Industrial Agriculture and Communications Center

In March 1991, the State Board of Higher Education approved bids slightly over $9 million for the construction of Industrial Agricultural and Communication Center (IACC as it is commonly referred to by students). Plans designated the third and fourth floors for industrial agriculture and included agricultural products utilization labs, research labs for food and non-food uses of existing and alternate crops, and biotechnology, bio-processing, oil seeds, enhanced food products, and protein analysis labs.

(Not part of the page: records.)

-- ===== src/Limits/Rate.antt =====
-- `RateLimiter` (crates/metrune-api/src/limits.rs): a budget of requests for each scope and key in a
-- fixed window.
pub mod Budget
use metrune.Prelude.{
  ℕ, ◌+◌, Bool, ◌&&◌, Option, none, some, List, [], ◌∷◌, ◌++◌, ltb, leb, ◌==◌, if◌then◌else◌,
  length,
}
use metrune.Prelude.Text.{Text}
use metrune.Prelude.Words.{u32_max, saturating_add}
use metrune.Prelude.Order.{text_ord}
use metrune.Prelude.TreeMap.{TreeMap, get, update, retain}
use metrune.Limits.{Instant, from_secs, max_rate_limit_keys}
use metrune.Limits.Login.{is_vacant}

pub record RateLimit : Type 0 where
  pub window : ℕ
  pub max_requests : ℕ

-- `RateLimit::new`
abbrev pub new_rate_limit : ℕ → ℕ → RateLimit
new_rate_limit window_secs max_requests = record {
  window = from_secs window_secs;
  max_requests = max_requests;
}

pub record RateWindow : Type 0 where
  pub expires_at : Instant
  pub hits : ℕ

abbrev pub Windows : Type 0
Windows = TreeMap Text RateWindow

pub data Verdict : Type 0 where
  allowed shedding_load limit_exceeded : Verdict

-- `format!("{scope}:{key}")`
unfoldable pub entry_name : Text → Text → Text
entry_name scope key = scope ++ b':' ∷ key

abbrev pub is_live : Instant → RateWindow → Bool
is_live now window = ltb now window.expires_at

-- `entry(…).or_insert(…)`
abbrev pub window_or_new : Instant → RateLimit → Option RateWindow → RateWindow
window_or_new now limit none = record { expires_at = now + limit.window; hits = 0 }
window_or_new now limit (some window) = window

abbrev pub hit : RateWindow → RateWindow
hit window = record window { hits = saturating_add u32_max window.hits 1 }

-- From the entry on: an exhausted window stays, and a fresh one stays in the table all the same.
unfoldable pub charge : Instant → RateLimit → Text → Windows → Verdict × Windows
charge now limit entry windows =
    let window = window_or_new now limit (get entry windows) in
    if leb limit.max_requests window.hits
    then (limit_exceeded, update entry (window_or_new now limit) windows)
    else (allowed, update entry (λ found. hit (window_or_new now limit found)) windows)

unfoldable pub check_entry : Instant → RateLimit → Text → Windows → Verdict × Windows
unfolding charge
check_entry now limit entry windows =
    let kept = retain (is_live now) windows in
    if limit.max_requests == 0
    then (allowed, windows)
    else if leb max_rate_limit_keys (length kept) && is_vacant (get entry kept)
    then (shedding_load, kept)
    else charge now limit entry kept

unfoldable pub check : Instant → Text → Text → RateLimit → Windows → Verdict × Windows
unfolding check_entry entry_name
check now scope key limit windows = check_entry now limit (entry_name scope key) windows
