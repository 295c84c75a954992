-- ===== src/Device.antt =====
-- Browser-approved enrolment of a device (crates/metrune-api/src/device_auth.rs, with the validators
-- of crates/metrune-api/src/app.rs): the data, and the tables behind the handlers.
pub mod Code
pub mod Authorize
pub mod Approve
pub mod Exchange
pub mod Steps
use metrune.Prelude.{ℕ, ◌*◌, Bool, Option, List}
use metrune.Prelude.Text.{Text, codes}
use metrune.Prelude.TreeMap.{TreeMap}
use metrune.Limits.Rate.{RateLimit, Windows}
use metrune.Core.Types.{DateTime}

abbrev pub device_client_id : Text
device_client_id = codes "metrune-cli"

abbrev pub device_grant_type : Text
device_grant_type = codes "urn:ietf:params:oauth:grant-type:device_code"

-- A tick is a nanosecond.
abbrev pub seconds : ℕ → ℕ
seconds n = n * 1_000_000_000

abbrev pub device_code_lifetime_minutes : ℕ
device_code_lifetime_minutes = 10

abbrev pub initial_poll_interval_seconds : ℕ
initial_poll_interval_seconds = 5

abbrev pub max_poll_interval_seconds : ℕ
max_poll_interval_seconds = 60

pub data DeviceStatus : Type 0 where
  pending approved denied consumed : DeviceStatus

pub data DeviceDecision : Type 0 where
  approve deny : DeviceDecision

-- The hyphenated text of a UUID.
abbrev pub Uuid : Type 0
Uuid = Text

-- A row of `device_enrollment_authorizations`. The key of its table is the hash of the device code,
-- which is unique as the row's id is.
pub record DeviceAuthorization : Type 0 where
  pub user_code_hash : Text
  pub client_id : Text
  pub installation_name : Text
  pub platform : Text
  pub organization_id : Option Uuid
  pub owner_user_id : Option Uuid
  pub team_id : Option Uuid
  pub status : DeviceStatus
  pub poll_interval_seconds : ℕ
  pub last_polled_at : Option DateTime
  pub expires_at : DateTime
  pub approved_at : Option DateTime
  pub denied_at : Option DateTime
  pub consumed_at : Option DateTime

pub record Installation : Type 0 where
  pub id : Uuid
  pub organization_id : Uuid
  pub name : Text
  pub token_hash : Text
  pub team_key : Option Text
  pub team_id : Option Uuid
  pub owner_user_id : Uuid
  pub platform : Text

pub record Team : Type 0 where
  pub id : Uuid
  pub organization_id : Uuid
  pub name : Text

-- What the handlers read and write: the limiter and three tables.
pub record DeviceState : Type 0 where
  pub windows : Windows
  pub authorizations : TreeMap Text DeviceAuthorization
  pub teams : List Team
  pub installations : List Installation

pub record DeviceConfig : Type 0 where
  pub device_authorization : RateLimit
  pub device_verification : RateLimit
  pub device_token : RateLimit

-- The OAuth failures, by their `error` code.
pub data OauthError : Type 0 where
  temporarily_unavailable invalid_client invalid_request unsupported_grant_type : OauthError
  invalid_grant expired_token slow_down authorization_pending access_denied server_error :
      OauthError

-- The failures of the browser's requests.
pub data BrowserError : Type 0 where
  unauthenticated no_workspace not_a_member too_many_requests invalid_code foreign_team :
      BrowserError

pub data Response (E A : Type 0) : Type 0 where
  ok : A → Response E A
  err : E → Response E A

The undergraduate food sciences program would also be housed in the building; and the planners provided space for offices and labs for food chemistry, food processing, undergraduate research, food chemistry teaching, preparation rooms, and coolers. Plans also called for a 200-seeat auditorium, a five-room computer cluster, four twenty-five seat classrooms with computer stations, two fifty seat general classrooms, three undergraduate computer science teaching labs and three graduate teaching labs (It's Happening at State, July 25, 1990, p. 1-2). The IACC was dedicated on May 14, 1993.

Architectural Information

"The principal architect for the building was Geston Duffy Architects, Fargo.  Both Magnus Geston and Michael Duffy as NDSU graduates, as well as Project Architect Harold Thompson and Jeff Sjoquist, also involved in the project." (Dedication Program, May 14, 1993, 1:30 p.m.)